Nombre de pages : 160 pages

 

Mots-clés : introspection, nouveau roman, Oulipo

 

Résumé personnel

Un personnage, dont on ne connait pas le nom, prend soudain conscience de sa réalité. Il arrête de vivre selon les conventions et ce que la société attend de lui, il décide de tout simplement vivre. Il ne fait rien de ses journées et passe son temps à analyser ce qui l’entoure, les bruits, les décors,…

Extrait

Lorsque je n’ai plus ressenti ni joie ni douleur pendant un certain temps et que j’ai goûté à la médiocrité tiède et insipide de ces journées prétendument agréables, mon âme naïve est agitée par une souffrance et une détresse particulièrement violentes. Alors, je jette à la face béate de la divinité satisfaite et somnolente la vielle rouillée qui accompagne mon chant de grâce, préférant à cette température moyenne et saine la morsure d’une douleur intérieure cuisante, proprement infernale. Je sens brûler en moi un désir sauvage d’éprouver des sentiments intenses, , des sensations ; une rage contre cette existence en demi-teinte, plate, uniforme et stérile ; une envie furieuse de détruire quelque chose, un grand magasin, par exemple, une cathédrale, ou moi-même ; une envie de commettre des actes absurdes et téméraires, d’arracher leur perruque à quelques idoles vénérées, de munir deux ou trois écoliers rebelles du billet tellement désiré qui leur permettrait de partir pour Hambourg, de séduire une petite jeune fille ou de tordre le cou à quelques représentants de l’ordre bourgeois. Car rien ne m’inspire un sentiment plus vif de haine, d’horreur et d’exécration que ce contentement, cette bonne santé, ce bien-être, cet optimisme irréprochable du bourgeois, cette volonté de faire prospérer généreusement le médiocre, le normal, le passable.

 

Mot sur l’auteur

Georges Perec est un écrivain français du XXème siècle. Membre de l’Oulipo, Perec écrit selon certaines contraintes formelles, littéraires ou mathématiques. En 1965, Georges Perec remporte le Prix Renaudot pour son premier roman Les choses.

 

Avis personnel sur le livre

C’est une belle réflexion sur la vie et ce qu’elle est dans son essence. Qu’est ce qu’il nous reste quand nous cessons d’être un être social ? Que représente une vie qui suit simplement son cours, sans interaction particulière avec le reste de la société ? Personnellement, j’ai beaucoup aimé suivre le parcours d’un homme qui se pose des questions existentielles et qui décide de réellement prendre conscience de son quotidien, c’était très rafraîchissant.

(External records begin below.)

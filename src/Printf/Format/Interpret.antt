-- ===== src/Printf/Format/Interpret.antt =====
-- The text of one conversion as a function, which agrees with the relation on conversions.
use mathlib.Core.Option.{none-ne-some, some-injective}
use mega_os.Prelude.{
  ℕ, ◌%◌, ◌^◌, ◌<◌, ◌≡◌, refl, sym, ap, ◌∙◌, subst, true, false, List, [], ◌∷◌, Option, none, some,
  ltb, ◌==◌, if◌then◌else◌, length, Bool-cases, Option-cases, inl, inr, ==_iff, ltb→lt, lt→ltb,
}
use mega_os.Printf.Directive.{Arg, word, str, va_arg, peek, Directive}
use mega_os.Printf.Format.{is_integer}
use mega_os.Printf.Format.Render.{long_text, integer_text, field_text, string_text}
use mega_os.Printf.Format.Converts.{Converts, ||-false, integer, char, string, pointer, other}

abbrev pub char_text : Directive → ℕ → List ℕ
char_text d bits = field_text d.flags d.width (bits % 2 ^ 8 ∷ [])

abbrev pub pointer_text : Directive → ℕ → List ℕ
pointer_text d bits =
    long_text (bits % 2 ^ 64) false 16 d.precision 16
      (record d.flags { zeropad = true; uppercase = true })

-- The text of a conversion that takes a word.
abbrev word_field : (ℕ → List ℕ) → Option (ℕ × List Arg) → Option (List ℕ × List Arg)
word_field f none = none
word_field f (some (bits, va)) = some (f bits, va)

-- The text of one that takes a string.
abbrev string_field : Directive → List Arg → Option (List ℕ × List Arg)
string_field d [] = none
string_field d (word w ∷ va) = none
string_field d (str address p ∷ va) =
    if ltb (length p) (2 ^ 32)
    then some (field_text d.flags d.width (string_text d p), va)
    else none

-- What a conversion writes, and the arguments that it leaves.
abbrev pub field_of : Directive → Option (List ℕ × List Arg)
field_of d =
    let c = peek d.rest in
    if is_integer c
    then word_field (integer_text c d) (va_arg d.va)
    else if c == b'c'
    then word_field (char_text d) (va_arg d.va)
    else if c == b's'
    then string_field d d.va
    else if c == b'p'
    then word_field (pointer_text d) (va_arg d.va)
    else some (c ∷ [], d.va)

word_field-Converts :
    (d : Directive) (f : ℕ → List ℕ) (x : List ℕ × List Arg)
    → ((bits : ℕ) (va : List Arg) → va_arg d.va ≡ some (bits, va) → Converts d (f bits) va)
    → word_field f (va_arg d.va) ≡ some x
    → Converts d x.0 x.1
word_field-Converts d f x make h = elim (Option-cases (va_arg d.va)) [
  | inl missing ↦ absurd (none-ne-some _ (ap (word_field f) (sym missing) ∙ h))
  | inr (y, found) ↦
      subst (λ z. Converts d z.0 z.1)
        (some-injective (f y.0, y.1) x (ap (word_field f) (sym found) ∙ h)) (make y.0 y.1 found)
]

string_field-Converts :
    (d : Directive) (args : List Arg) (x : List ℕ × List Arg)
    → ((address : ℕ) (p : List ℕ) (va : List Arg)
        → args ≡ str address p ∷ va
        → length p < 2 ^ 32
        → Converts d (field_text d.flags d.width (string_text d p)) va)
    → string_field d args ≡ some x
    → Converts d x.0 x.1
string_field-Converts d [] x make h = absurd (none-ne-some _ h)
string_field-Converts d (word w ∷ va) x make h = absurd (none-ne-some _ h)
string_field-Converts d (str address p ∷ va) x make h =
    elim (Bool-cases (ltb (length p) (2 ^ 32))) [
      | inl short ↦
          subst (λ z. Converts d z.0 z.1)
            (some-injective (field_text d.flags d.width (string_text d p), va) x (rw short at h))
            (make address p va refl (ltb→lt _ _ short))
      | inr long ↦ absurd (none-ne-some _ (rw long at h))
    ]

-- Every conversion with a text is one of the relation.
pub field_of-Converts :
    (d : Directive) (x : List ℕ × List Arg) → field_of d ≡ some x → Converts d x.0 x.1
field_of-Converts d x h = elim (Bool-cases (is_integer (peek d.rest))) [
  | inl i ↦
      word_field-Converts d (integer_text (peek d.rest) d) x (λ bits va e. integer i e) (rw i at h)
  | inr not_i ↦ elim (Bool-cases (peek d.rest == b'c')) [
    | inl c ↦
        word_field-Converts d (char_text d) x (λ bits va e. char ((==_iff _ _).0 c) e)
          (rw (not_i, c) at h)
    | inr not_c ↦ elim (Bool-cases (peek d.rest == b's')) [
      | inl s ↦
          string_field-Converts d d.va x (λ address p va e l. string ((==_iff _ _).0 s) e l)
            (rw (not_i, not_c, s) at h)
      | inr not_s ↦ elim (Bool-cases (peek d.rest == b'p')) [
        | inl p ↦
            word_field-Converts d (pointer_text d) x (λ bits va e. pointer ((==_iff _ _).0 p) e)
              (rw (not_i, not_c, not_s, p) at h)
        | inr not_p ↦
            subst (λ z. Converts d z.0 z.1)
              (some-injective (peek d.rest ∷ [], d.va) x (rw (not_i, not_c, not_s, not_p) at h))
              (other (rw (not_i, not_c, not_s, not_p) refl))
      ]
    ]
  ]
]

-- And every conversion of the relation has its text.
pub Converts-field_of :
    (d : Directive) {text : List ℕ} {va : List Arg}
    → Converts d text va
    → field_of d ≡ some (text, va)
Converts-field_of d (integer {bits} {va} i e) =
    rw i (ap (word_field (integer_text (peek d.rest) d)) e)
Converts-field_of d (char {bits} {va} c e) = rw c (ap (word_field (char_text d)) e)
Converts-field_of d (string {address} {p} {va} s e l) =
    rw s (ap (string_field d) e ∙ rw (lt→ltb _ _ l) refl)
Converts-field_of d (pointer {bits} {va} p e) = rw p (ap (word_field (pointer_text d)) e)
Converts-field_of d (other h) =
    let (not_i, h₁) = ||-false (is_integer (peek d.rest)) _ h in
    let (not_c, h₂) = ||-false (peek d.rest == b'c') _ h₁ in
    let (not_s, not_p) = ||-false (peek d.rest == b's') (peek d.rest == b'p') h₂ in
    rw (not_i, not_c, not_s, not_p) refl
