-- ===== src/Printf/Format/Tests.antt =====
-- Runs of the formatter.
use mega_os.Prelude.{ℕ, ◌≡◌, refl, [], ◌∷◌, ◌++◌, List, codes, done}
use mega_os.Printf.Output.{OutFct, out_rev}
use mega_os.Printf.Integer.{
  format_buffer, sign_width, pad_zeros, write_zeros, put_hash, make_room, put, put_sign,
  value_flags, value_digits, write_digits, ntoa_format, ntoa_long,
}
use mega_os.Printf.Directive.{
  word, str, eval_directive, eval_flags, set_flag, eval_width, eval_precision, eval_digits,
  eval_length, va_arg, atoi,
}
use mega_os.Printf.Format.{
  base_of, integer_flags, size_bits, magnitude, strnlen, string_length, out_string, out_field,
  convert_integer, convert_char, convert_string, convert_pointer, convert, format_loop,
  format_loop_with, format_out,
}

-- All that is put out, in order.
abbrev collect : OutFct (List ℕ)
collect c idx maxlen seen = done tt (seen ++ c ∷ [])

mixed :
    format_out collect 100
      (codes "%-4d|%5s|%#lX%%%c")
      (word 42 ∷ str 0 (codes "ab") ∷ word 0xBEEF ∷ word b'!' ∷ [])
      []
    ≡ done 19 (codes "42  |   ab|0xBEEF%!" ++ 0 ∷ [])
unfolding format_buffer sign_width pad_zeros write_zeros put_hash make_room put put_sign value_flags
    value_digits write_digits ntoa_format ntoa_long out_rev eval_directive eval_flags set_flag
    eval_width eval_precision eval_digits eval_length va_arg atoi base_of integer_flags size_bits
    magnitude strnlen string_length out_string out_field convert_integer convert_char convert_string
    convert_pointer convert format_loop format_loop_with format_out
mixed = refl
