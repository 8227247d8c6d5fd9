-- ===== src/Printf/Format/Typed.antt =====
-- A check of a call's arguments against its format, by the format's characters alone, as a compiler
-- does it for the printf family of kernel/logging.hpp.
use mega_os.Prelude.{
  ℕ, zero, suc, ◌^◌, ◌≤◌, ◌≡◌, refl, ap, ◌∙◌, Bool, true, false, ◌&&◌, ◌||◌, List, [], ◌∷◌, ◌++◌,
  append_assoc, Option, none, some, ltb, ◌==◌, if◌then◌else◌, length, drop, replicate, arith,
  Bool-cases, inl, inr, ==_iff, ltb→lt,
}
use mathlib.Core.Option.{none-ne-some, some-injective}
use mega_os.Printf.Directive.{Arg, word, str, va_arg, arg_bits, peek, Directive, eval_directive}
use mega_os.Printf.Directive.Static.{static, eval_directive-Agrees}
use mega_os.Printf.Format.{is_integer}
use mega_os.Printf.Format.Interpret.{field_of, field_of-Converts, Converts-field_of}
use mega_os.Printf.Format.Converts.{string}
use mega_os.Printf.Format.Formats.{Formats, end, char, directive}

-- What an argument must be: anything, or a string shorter than 2^32.
pub data Kind : Type 0 where
  any text : Kind

-- What a specifier takes.
abbrev pub kinds_of : ℕ → List Kind
kinds_of c =
    if is_integer c || (c == b'c' || c == b'p')
    then any ∷ []
    else if c == b's'
    then text ∷ []
    else []

abbrev in_front : List Kind → Option (List Kind) → Option (List Kind)
in_front kinds none = none
in_front kinds (some more) = some (kinds ++ more)

-- The stars, the specifier, and the rest.
abbrev directive_wants : (List ℕ → Option (List Kind)) → ℕ × List ℕ → Option (List Kind)
directive_wants follow (stars, []) = none
directive_wants follow (stars, specifier ∷ rest) =
    in_front (replicate stars any ++ kinds_of specifier) (follow rest)

-- What the arguments of a format must be, in at most so many rounds; nothing if the format ends in a
-- directive.
unfoldable pub wants : ℕ → List ℕ → Option (List Kind)
wants fuel [] = some []
wants zero (c ∷ cs) = none
wants (suc fuel) (c ∷ cs) =
    let plain = wants fuel cs in
    if c == b'%' then directive_wants (wants fuel) (static cs) else plain

-- Whether the arguments are so; more of them do no harm.
abbrev pub fits : List Kind → List Arg → Bool
fits [] va = true
fits (k ∷ ks) [] = false
fits (any ∷ ks) (a ∷ va) = fits ks va
fits (text ∷ ks) (word w ∷ va) = false
fits (text ∷ ks) (str address p ∷ va) = ltb (length p) (2 ^ 32) && fits ks va

fits-any :
    (n : ℕ) (ks : List Kind) (va : List Arg)
    → fits (replicate n any ++ ks) va ≡ true
    → (n ≤ length va) × (fits ks (drop n va) ≡ true)
fits-any zero ks va h = (omega arith, h)
fits-any (suc n) ks [] h = ground arith
fits-any (suc n) ks (a ∷ va) h = let (enough, rest) = fits-any n ks va h in (omega arith, rest)

fits-word :
    (ks : List Kind) (args : List Arg)
    → fits (any ∷ ks) args ≡ true
    → (bits : ℕ) × (va : List Arg) × ((va_arg args ≡ some (bits, va)) × (fits ks va ≡ true))
unfolding va_arg
fits-word ks [] h = ground arith
fits-word ks (a ∷ va) h = (arg_bits a, va, (refl, h))

&&-both : (a b : Bool) → (a && b) ≡ true → (a ≡ true) × (b ≡ true)
&&-both a b h = ground arith

fits-text :
    (ks : List Kind) (args : List Arg)
    → fits (text ∷ ks) args ≡ true
    → (address : ℕ) × (p : List ℕ) × (va : List Arg) × ((args ≡ str address p ∷ va)
        × (ltb (length p) (2 ^ 32) ≡ true)
        × (fits ks va ≡ true))
fits-text ks [] h = ground arith
fits-text ks (word w ∷ va) h = ground arith
fits-text ks (str address p ∷ va) h =
    let (short, rest) = &&-both (ltb (length p) (2 ^ 32)) (fits ks va) h in
    (address, p, va, (refl, short, rest))

-- A conversion whose arguments fit has a text, and leaves arguments that fit the rest.
HasField : Directive → List Kind → Type 0
HasField d ks = (x : List ℕ × List Arg) × ((field_of d ≡ some x) × (fits ks x.1 ≡ true))

fits-field :
    (d : Directive) (ks : List Kind)
    → fits (kinds_of (peek d.rest) ++ ks) d.va ≡ true
    → HasField d ks
unfolding HasField
fits-field d ks h = elim (Bool-cases (is_integer (peek d.rest))) [
  | inl i ↦
      let (bits, va, (found, rest)) = fits-word ks d.va (rw i at h) in
      rw (i, found) ((_, va), (refl, rest))
  | inr not_i ↦ elim (Bool-cases (peek d.rest == b'c')) [
    | inl c ↦
        let (bits, va, (found, rest)) = fits-word ks d.va (rw (not_i, c) at h) in
        rw (not_i, c, found) ((_, va), (refl, rest))
    | inr not_c ↦ elim (Bool-cases (peek d.rest == b's')) [
      | inl s ↦
          let not_p : (peek d.rest == b'p') ≡ false = ground arith in
          let (address, p, va, (found, short, rest)) =
            fits-text ks d.va (rw (not_i, not_c, not_p, s) at h) in
          (_, (Converts-field_of d (string ((==_iff _ _).0 s) found (ltb→lt _ _ short)), rest))
      | inr not_s ↦ elim (Bool-cases (peek d.rest == b'p')) [
        | inl p ↦
            let (bits, va, (found, rest)) = fits-word ks d.va (rw (not_i, not_c, p) at h) in
            rw (not_i, not_c, not_s, p, found) ((_, va), (refl, rest))
        | inr not_p ↦
            rw (not_i, not_c, not_s, not_p)
              ((peek d.rest ∷ [], d.va), (refl, rw (not_i, not_c, not_s, not_p) at h))
      ]
    ]
  ]
]

in_front-cases :
    (kinds : List Kind) (o : Option (List Kind)) (all : List Kind)
    → in_front kinds o ≡ some all
    → (more : List Kind) × ((o ≡ some more) × (kinds ++ more ≡ all))
in_front-cases kinds none all h = absurd (none-ne-some _ h)
in_front-cases kinds (some more) all h = (more, (refl, some-injective (kinds ++ more) all h))

directive_wants-cases :
    (follow : List ℕ → Option (List Kind)) (stars : ℕ) (rest : List ℕ) (all : List Kind)
    → directive_wants follow (stars, rest) ≡ some all
    → (specifier : ℕ) × (rest' : List ℕ) × (more : List Kind) × ((rest ≡ specifier ∷ rest')
        × (follow rest' ≡ some more)
        × ((replicate stars any ++ kinds_of specifier) ++ more ≡ all))
directive_wants-cases follow stars [] all h = absurd (none-ne-some _ h)
directive_wants-cases follow stars (specifier ∷ rest) all h =
    let (more, (found, whole)) =
      in_front-cases (replicate stars any ++ kinds_of specifier) (follow rest) all h in
    (specifier, rest, more, (refl, found, whole))

-- A directive and its arguments, with what is checked behind it.
fits-directive :
    (cs : List ℕ) (va : List Arg) (specifier : ℕ) (rest : List ℕ) (more : List Kind)
    → (static cs).1 ≡ specifier ∷ rest
    → fits ((replicate (static cs).0 any ++ kinds_of specifier) ++ more) va ≡ true
    → (d : Directive) × ((eval_directive cs va ≡ some d)
        × (d.rest ≡ specifier ∷ rest)
        × HasField d more)
fits-directive cs va specifier rest more at h =
    let stars = (static cs).0 in
    let (enough, behind) =
      fits-any stars (kinds_of specifier ++ more) va
        (rw (append_assoc (replicate stars any) (kinds_of specifier) more) at h) in
    let (d, (reads, stands, left)) = eval_directive-Agrees cs va enough in
    let there = stands ∙ at in
    (
      d,
      (
        reads,
        there,
        fits-field d more (
            ap (λ l. fits (kinds_of (peek l) ++ more) d.va) there
            ∙ ap (fits (kinds_of specifier ++ more)) left
            ∙ behind),
      ),
    )

-- Arguments that fit what a format wants make a text with it.
pub fits-Formats :
    (fuel : ℕ) (format : List ℕ) (kinds : List Kind) (va : List Arg)
    → wants fuel format ≡ some kinds
    → fits kinds va ≡ true
    → (output : List ℕ) × Formats format va output
unfolding wants HasField
fits-Formats fuel [] kinds va w h = ([], end)
fits-Formats zero (c ∷ cs) kinds va w h = absurd (none-ne-some _ w)
fits-Formats (suc fuel) (c ∷ cs) kinds va w h = elim (Bool-cases (c == b'%')) [
  | inl percent ↦
      let (specifier, rest, more, (at, found, whole)) =
        directive_wants-cases (wants fuel) (static cs).0 (static cs).1 kinds (rw percent at w) in
      let (d, (reads, there, (x, (converts, left)))) =
        fits-directive cs va specifier rest more at (ap (λ ks. fits ks va) whole ∙ h) in
      let (tail, follows) = fits-Formats fuel rest more x.1 found left in
      (
        x.0 ++ tail,
        directive ((==_iff _ _).0 percent) reads there (field_of-Converts d x converts) follows,
      )
  | inr plain ↦
      let (tail, follows) = fits-Formats fuel cs kinds va (rw plain at w) h in
      (c ∷ tail, char (λ e. ground arith) follows)
]
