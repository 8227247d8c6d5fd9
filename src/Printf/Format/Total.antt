-- ===== src/Printf/Format/Total.antt =====
-- The runs of `_vsnprintf` (kernel/logging.cpp) on arguments that have been checked against the format.
use mega_os.Prelude.{ℕ, ◌%◌, ◌^◌, ◌≡◌, refl, true, List, [], ◌∷◌, some, length, arith, M, done}
use mega_os.Printf.Output.{OutFct, next_idx, emit}
use mega_os.Printf.Directive.{Arg}
use mega_os.Printf.Format.{format_out, end_idx}
use mega_os.Printf.Format.Formats.{format_loop-emit}
use mega_os.Printf.Format.Typed.{Kind, wants, fits, fits-Formats}

-- A run that returns.
abbrev pub Returns {ℓ κ} : {S : Type ℓ} {A : Type κ} → M S A → S → Type (ℓ ⊔ κ)
Returns {S} {A} run s = (a : A) × (s' : S) × (run s ≡ done a s')

-- An output function that always returns.
abbrev pub IsTotal {ℓ} : {S : Type ℓ} → OutFct S → Type ℓ
IsTotal {S} out = (c idx maxlen : ℕ) (s : S) → Returns (out c idx maxlen) s

module _ {ℓ} {S : Type ℓ} (out : OutFct S) (total : IsTotal out) (maxlen : ℕ) where
  emit-Returns : (cs : List ℕ) (idx : ℕ) (s : S) → Returns (emit out maxlen cs idx) s
  unfolding emit
  emit-Returns [] idx s = (idx, s, refl)
  emit-Returns (c ∷ cs) idx s =
      let (u, s', first) = total c idx maxlen s in
      let (i, s'', rest) = emit-Returns cs (next_idx idx) s' in (i, s'', rw first rest)

  -- If the arguments fit what the characters of a format ask for, in number and with a string
  -- shorter than 2^32 for each `%s`, `_vsnprintf` returns for every output function that always
  -- returns: no argument is missing or of the wrong kind, no directive is cut off, and the loop
  -- ends.
  pub fits-Returns :
      (format : List ℕ) (kinds : List Kind) (va : List Arg) (s : S)
      → wants (length format) format ≡ some kinds
      → fits kinds va ≡ true
      → Returns (format_out out maxlen format va) s
  unfolding format_out
  fits-Returns format kinds va s w h =
      let (text, formats) = fits-Formats (length format) format kinds va w h in
      let (i, s', written) = emit-Returns text 0 s in
      let (u, s'', ended) = total 0 (end_idx maxlen i) maxlen s' in
      (
        i % 2 ^ 32,
        s'',
        rw
            (
              format_loop-emit out maxlen (length format) 0 s formats (omega arith) (omega arith),
              written,
              ended,
            )
            refl,
      )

Evidemment, il faut aimer le genre « Nouveau roman », c’est très déconstruit par rapport aux codes de lecture habituels. Il n’y a pas de véritable fil rouge à l’histoire si ce n’est celui du fil de la pensée du personnage principal. Il va et vient dans ses réflexions et c’est vrai qu’il est parfois difficile à suivre. Mais malgré tout j’ai trouvé ce livre captivant ! Il n’y a aucune intrigue particulière et je pense que l’astuce quand on lit ce genre de livre est de ne pas essayer de comprendre le narrateur… Personnellement j’ai lu ce livre comme une suite de piste de réflexions sur l’existence et c’est pourquoi il m’a autant plu.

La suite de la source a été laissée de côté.